People already drive to OSU and UO games on a weekly basis during the season so 3 Teams is more accurate. 

Sure I think it could work but I am speaking more of sustainability here.


----------



## tlong (Jan 6, 2003)

For a little more in-depth analysis of your Oregon Stadium Campaign bill read this.

http://oregonmag.com/Evans1003.htm


----------



## Dan (Dec 30, 2002)

sa1177 said:


> People already drive to OSU and UO games on a weekly basis during the season so 3 Teams is more accurate.
> 
> Sure I think it could work but I am speaking more of sustainability here.


well, considering most of the UO and OSU football seasons (the only one where large #'s of fans go a distance) are mostly done after baseball season is over with, I don't see how they're an issue, especialyl since they're not in the city like the Huskies, Hawks, Mariners and Sonics are.


----------



## chromekilla (Aug 21, 2005)

I would come to any baseball games i could.I know many people from southern oregon would come as well as many from central oregon.


----------



## sa1177 (Feb 18, 2005)

Hap said:


> well, considering most of the UO and OSU football seasons (the only one where large #'s of fans go a distance) are mostly done after baseball season is over with, *I don't see how they're an issue*, especialyl since they're not in the city like the Huskies, Hawks, Mariners and Sonics are.


Very simple... the majority of people only have so much money to spend on sports.


----------



## cpt.napalm (Feb 23, 2005)

You could also pull some from Idaho I bet. It is a quicker drive down 84 from Boise to Portland then to Seattle.


----------



## Fork (Jan 2, 2003)

tlong said:


> For a little more in-depth analysis of your Oregon Stadium Campaign bill read this.
> 
> http://oregonmag.com/Evans1003.htm


Nice source. hahahahaha. Couldn't you find a Bazooka Joe cartoon or something a little more reliable? Oregon Magazine? I wouldn't line a bird cage with that rag.


----------



## Dan (Dec 30, 2002)

sa1177 said:


> Very simple... the majority of people only have so much money to spend on sports.


thats true of all cities. I don't know why Portland is some special case. It just seems that some people don't want Portland to get a team because then they'd have to admit we're getting more people are here.


----------



## Fork (Jan 2, 2003)

Hap said:


> thats true of all cities. I don't know why Portland is some special case. It just seems that some people don't want Portland to get a team because then they'd have to admit we're getting more people are here.


Yep. It's that small town mentality. People still want to think of Portland as a 'big small town' despite the fact that the metro area has 2.3 million people and we're growing as fast as just about any metro area in the country. 

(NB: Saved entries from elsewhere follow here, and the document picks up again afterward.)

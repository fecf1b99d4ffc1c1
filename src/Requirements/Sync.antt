-- ===== src/Requirements/Sync.antt =====
-- `sync_volunteer_requirements` of apps/requirements/services.py: the loop over the active
-- definitions, and what it writes. Every round reads the table as the rounds before left it; the
-- row of a definition is written in no other round, so that is also the row fetched at the start.
pub mod History
pub mod Idle
pub mod Complete
use risk_management.Common.{
  ℕ, ◌+◌, Bool, true, false, Option, none, some, List, [], ◌∷◌, ◌++◌, if◌then◌else◌, select,
}
use risk_management.Calendar.{Date}
use risk_management.Org.{Role, active_roles}
use risk_management.Audit.{AuditAction, create, status_change, requirement_instance}
use risk_management.Requirements.Definition.{RequirementDefinition}
use risk_management.Requirements.Instance.{RequirementInstance}
use risk_management.Requirements.Gate.{instance_for}
use risk_management.Requirements.Reconcile.{
  Change, keep, created, retired, held, refreshed, activated, change_for,
}
use risk_management.Tenant.{Tenant, Env, audit, entity, put_instance}

pub record Counts : Type 0 where
  pub created : ℕ
  pub updated : ℕ
  pub retired : ℕ

abbrev audit_unless : Bool → Env → AuditAction → ℕ → Tenant → Tenant
audit_unless true env action k t = t
audit_unless false env action k t = audit env action (entity requirement_instance k) t

abbrev write : RequirementInstance → Tenant → Tenant
write i t = record t { instances = put_instance i t.instances }

unfoldable pub apply_change : Env → Bool → Change → Tenant → Tenant
unfolding audit put_instance
apply_change env quiet keep t = t
apply_change env quiet (created i) t =
    audit_unless quiet env create i.pk
      (record t { instances = t.instances ++ i ∷ []; next_pk = t.next_pk + 1 })
apply_change env quiet (retired i) t = write i t
apply_change env quiet (held i) t = write i t
apply_change env quiet (refreshed i) t = write i t
apply_change env quiet (activated i) t = audit_unless quiet env status_change i.pk (write i t)

abbrev count : Change → Counts → Counts
count keep n = n
count (created i) n = record n { created = n.created + 1 }
count (retired i) n = record n { retired = n.retired + 1 }
count (held i) n = record n { updated = n.updated + 1 }
count (refreshed i) n = record n { updated = n.updated + 1 }
count (activated i) n = record n { updated = n.updated + 1 }

abbrev pub round_change : Date → List Role → RequirementDefinition → Tenant → Change
round_change as_of roles d t =
    change_for t.next_pk t.definitions t.instances t.volunteer roles as_of d
      (instance_for d.pk t.instances)

unfoldable pub sync_loop :
    Env → Date → Bool → List Role → List RequirementDefinition → Tenant → Counts → Tenant × Counts
unfolding apply_change
sync_loop env as_of quiet roles [] t n = (t, n)
sync_loop env as_of quiet roles (d ∷ ds) t n =
    let change = round_change as_of roles d t in
    sync_loop env as_of quiet roles ds (apply_change env quiet change t) (count change n)

-- `RequirementDefinition.objects.active()`, in the order of the table.
abbrev pub active_definitions : Tenant → List RequirementDefinition
active_definitions t = select (λ d. d.is_active) t.definitions

unfoldable pub sync_volunteer_requirements : Env → Date → Bool → Tenant → Tenant × Counts
unfolding sync_loop
sync_volunteer_requirements env as_of quiet t =
    sync_loop env as_of quiet (active_roles t.assignments) (active_definitions t) t
      (record { created = 0; updated = 0; retired = 0 })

There's a laundry list of solid, legitimate arguments that Portland SHOULD have another pro sports team and I've never heard a legit reason why we SHOULDN'T.


----------



## SolidGuy3 (Apr 23, 2005)

Portland can't support another team, plain and simple. We don't have a large enough fan base. We have like the 50th largest media market if I'm not mistaken. Anyways the Seattle Mariners would block any team trying to come to Portland, it would take away from their profits. The reason Seattle has a football and baseball team is because there is interest there, they have lots of people. Anyways I'm happy with the situation right now in the Pacific Northwest, think of Oregon and Washington as one state, having 4 major sport franchises is right about where it should be at. Plus where are we going to to build a stadium, we have no room lol, I commute to and from downtown and there is simply no space for another arena, not to mention what it would do to traffic.


----------



## Dan (Dec 30, 2002)

SolidGuy3 said:


> Portland can't support another team, plain and simple. We don't have a large enough fan base. We have like the 50th largest media market if I'm not mistaken.



you are sadly mistaken. We are the 24th.As seen here.



> Anyways the Seattle Mariners would block any team trying to come to Portland, it would take away from their profits.


tough for them. We're 180 miles south, and a different state. They can whine all they want, but they don't control us.



> The reason Seattle has a football and baseball team is because there is interest there, they have lots of people.


not enough more than Portland to justify them having 2 more pro teams. Also, if you don't think there's an interest for and of baseball here, you really need to check your Portland sports history.



> Anyways I'm happy with the situation right now in the Pacific Northwest, think of Oregon and Washington as one state, having 4 major sport franchises is right about where it should be at. Plus where are we going to to build a stadium, we have no room lol, I commute to and from downtown and there is simply no space for another arena, not to mention what it would do to traffic.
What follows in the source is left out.